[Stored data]
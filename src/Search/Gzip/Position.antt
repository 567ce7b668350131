-- ===== src/Search/Gzip/Position.antt =====
-- The start position in a stream.
use drlog_search.Base.{
  ℕ, zero, suc, ◌+◌, ◌-◌, ◌%◌, ◌^◌, ◌≤◌, ◌<◌, true, false, [], ◌∷◌, ◌++◌, append-nil, Bytes, ◌==◌,
  ltb, leb, ◌≡◌, refl, ap, drop-append-past, sym, ◌∙◌, ◌⊎◌, inl, inr, ◌≢◌, arith, drop, length,
  length-append, lt→leb, lt→ltb, Bool-cases,
}
use drlog_search.Util.Igzip.{ReadResult, read}
use drlog_search.Search.Gzip.{buf_size, is_short, positioned, skip_chunk, skip_loop}

-- A read that fills the buffer is not short, nor one that gives the bytes that are asked for.
is_short-full : (n remaining : ℕ) → (buf_size ≤ n) ⊎ (remaining ≤ n) → is_short n remaining ≡ false
unfolding is_short
is_short-full n remaining (inl full) = ground arith
is_short-full n remaining (inr enough) =
    let l : remaining % 2 ^ 32 ≤ remaining = omega arith in ground arith

module _ {Stream : Type 0} (igzread : Stream → ReadResult × Stream) where
  -- The reads up to a start position, from a number of bytes on: each gives a byte at least, and
  -- fills the buffer or reaches the position.
  pub data Passes (start : ℕ) : ℕ → Stream → Bytes → Stream → Type 0 where
    arrived : {total : ℕ} {s : Stream} → start ≤ total → Passes start total s [] s
    chunk :
        {total : ℕ} {s t u : Stream} (bytes later : Bytes)
        → total < start
        → igzread s ≡ (read bytes, t)
        → bytes ≢ []
        → (buf_size ≤ length bytes) ⊎ (start - total ≤ length bytes)
        → Passes start (total + length bytes) t later u
        → Passes start total s (bytes ++ later) u

  pub Passes-reach :
      (start total : ℕ) (s : Stream) (passed : Bytes) (t : Stream)
      → Passes start total s passed t
      → start ≤ total + length passed
  Passes-reach start total s _ _ (arrived h) = omega arith
  Passes-reach start total s _ u (chunk {t = t} bytes later h r ne f p) =
      let l = Passes-reach start (total + length bytes) t later u p in
      omega (arith, length-append bytes later)

  skip_loop-arrived :
      (fuel start total : ℕ) (s : Stream)
      → start ≤ total
      → skip_loop igzread fuel start total s ≡ positioned total [] s
  unfolding skip_loop
  skip_loop-arrived zero start total s h = refl
  skip_loop-arrived (suc fuel) start total s h =
      let y : leb start total ≡ true = ground arith in rw y refl

  skip_loop-inside :
      (fuel start total : ℕ) (s t : Stream) (c : ℕ) (cs : Bytes)
      → total < start
      → igzread s ≡ (read (c ∷ cs), t)
      → is_short (length (c ∷ cs)) (start - total) ≡ false
      → start < total + length (c ∷ cs)
      → skip_loop igzread (suc fuel) start total s
        ≡ positioned (total + length (c ∷ cs)) (drop (start - total) (c ∷ cs)) t
  unfolding skip_loop skip_chunk
  skip_loop-inside fuel start total s t c cs h r n inside =
      let size = length (c ∷ cs) in
      let counted : (size == 0) ≡ false = ground arith in
      let fits : ltb size (total + size - start) ≡ false = ground arith in
      let same : size - (total + size - start) ≡ start - total = omega arith in
      rw (lt→leb _ _ h, r, counted, n, lt→ltb _ _ inside, fits, same) refl

  skip_loop-next :
      (fuel start total : ℕ) (s t : Stream) (c : ℕ) (cs : Bytes)
      → total < start
      → igzread s ≡ (read (c ∷ cs), t)
      → is_short (length (c ∷ cs)) (start - total) ≡ false
      → total + length (c ∷ cs) ≤ start
      → skip_loop igzread (suc fuel) start total s
        ≡ skip_loop igzread fuel start (total + length (c ∷ cs)) t
  unfolding skip_loop skip_chunk
  skip_loop-next fuel start total s t c cs h r n before =
      let size = length (c ∷ cs) in
      let counted : (size == 0) ≡ false = ground arith in
      let on : ltb start (total + size) ≡ false = ground arith in
      rw (lt→leb _ _ h, r, counted, n, on) refl

  Passes-nil :
      (start total : ℕ) (s : Stream) (passed : Bytes) (t : Stream)
      → Passes start total s passed t
      → start ≤ total
      → (passed ≡ []) × (s ≡ t)
  Passes-nil start total s _ _ (arrived h) l = (refl, refl)
  Passes-nil start total s _ u (chunk bytes later h r ne f p) l = absurd (omega arith)

  -- With fuel for the bytes up to the start position, where the reads pass it: the positioning ends
  -- behind the bytes that are passed, and carries over those of them behind the start position.
  pub skip_loop-Passes :
      (start fuel total : ℕ) (s : Stream) (passed : Bytes) (t : Stream)
      → start ≤ total + fuel
      → Passes start total s passed t
      → skip_loop igzread fuel start total s
        ≡ positioned (total + length passed) (drop (start - total) passed) t
  skip_loop-Passes start fuel total s _ _ l (arrived h) =
      let z : start - total ≡ 0 = omega arith in
      let k : total + length {A = ℕ} [] ≡ total = omega arith in
      rw (z, k) (skip_loop-arrived fuel start total s h)
  skip_loop-Passes start zero total s _ u l (chunk bytes later h r ne f p) = absurd (omega arith)
  skip_loop-Passes start (suc fuel) total s _ u l (chunk [] later h r ne f p) = absurd (ne refl)
  skip_loop-Passes start (suc fuel) total s _ u l (chunk {t = t} (c ∷ cs) later h r ne f p) =
      let bytes = c ∷ cs in
      let n = is_short-full (length bytes) (start - total) f in
      let added : total + length (bytes ++ later) ≡ total + length bytes + length later =
        omega (arith, length-append bytes later) in
      elim (Bool-cases (ltb start (total + length bytes))) [
        | inl y ↦
            let inside : start < total + length bytes = ground arith in
            let (z, w) = Passes-nil start (total + length bytes) t later u p (omega arith) in
            let whole : bytes ++ later ≡ bytes = rw z (append-nil bytes) in
            skip_loop-inside fuel start total s t c cs h r n inside
            ∙ ap (λ v. positioned (total + length bytes) (drop (start - total) bytes) v) w
            ∙ ap (λ b. positioned (total + length b) (drop (start - total) b) u) (sym whole)
        | inr k ↦
            let before : total + length bytes ≤ start = ground arith in
            let past : start - (total + length bytes) ≡ start - total - length bytes =
              omega arith in
            skip_loop-next fuel start total s t c cs h r n before
            ∙ skip_loop-Passes start fuel (total + length bytes) t later u (omega arith) p
            ∙ rw (added, past, drop-append-past (start - total) bytes later (omega arith)) refl
      ]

§ **Task statement**
Filter the entries above down to the lines that contain "full".

§ **Written response**
is_short-full : (n remaining : ℕ) → (buf_size ≤ n) ⊎ (remaining ≤ n) → is_short n remaining ≡ false
is_short-full n remaining (inl full) = ground arith
is_short-full n remaining (inr enough) =
      let n = is_short-full (length bytes) (start - total) f in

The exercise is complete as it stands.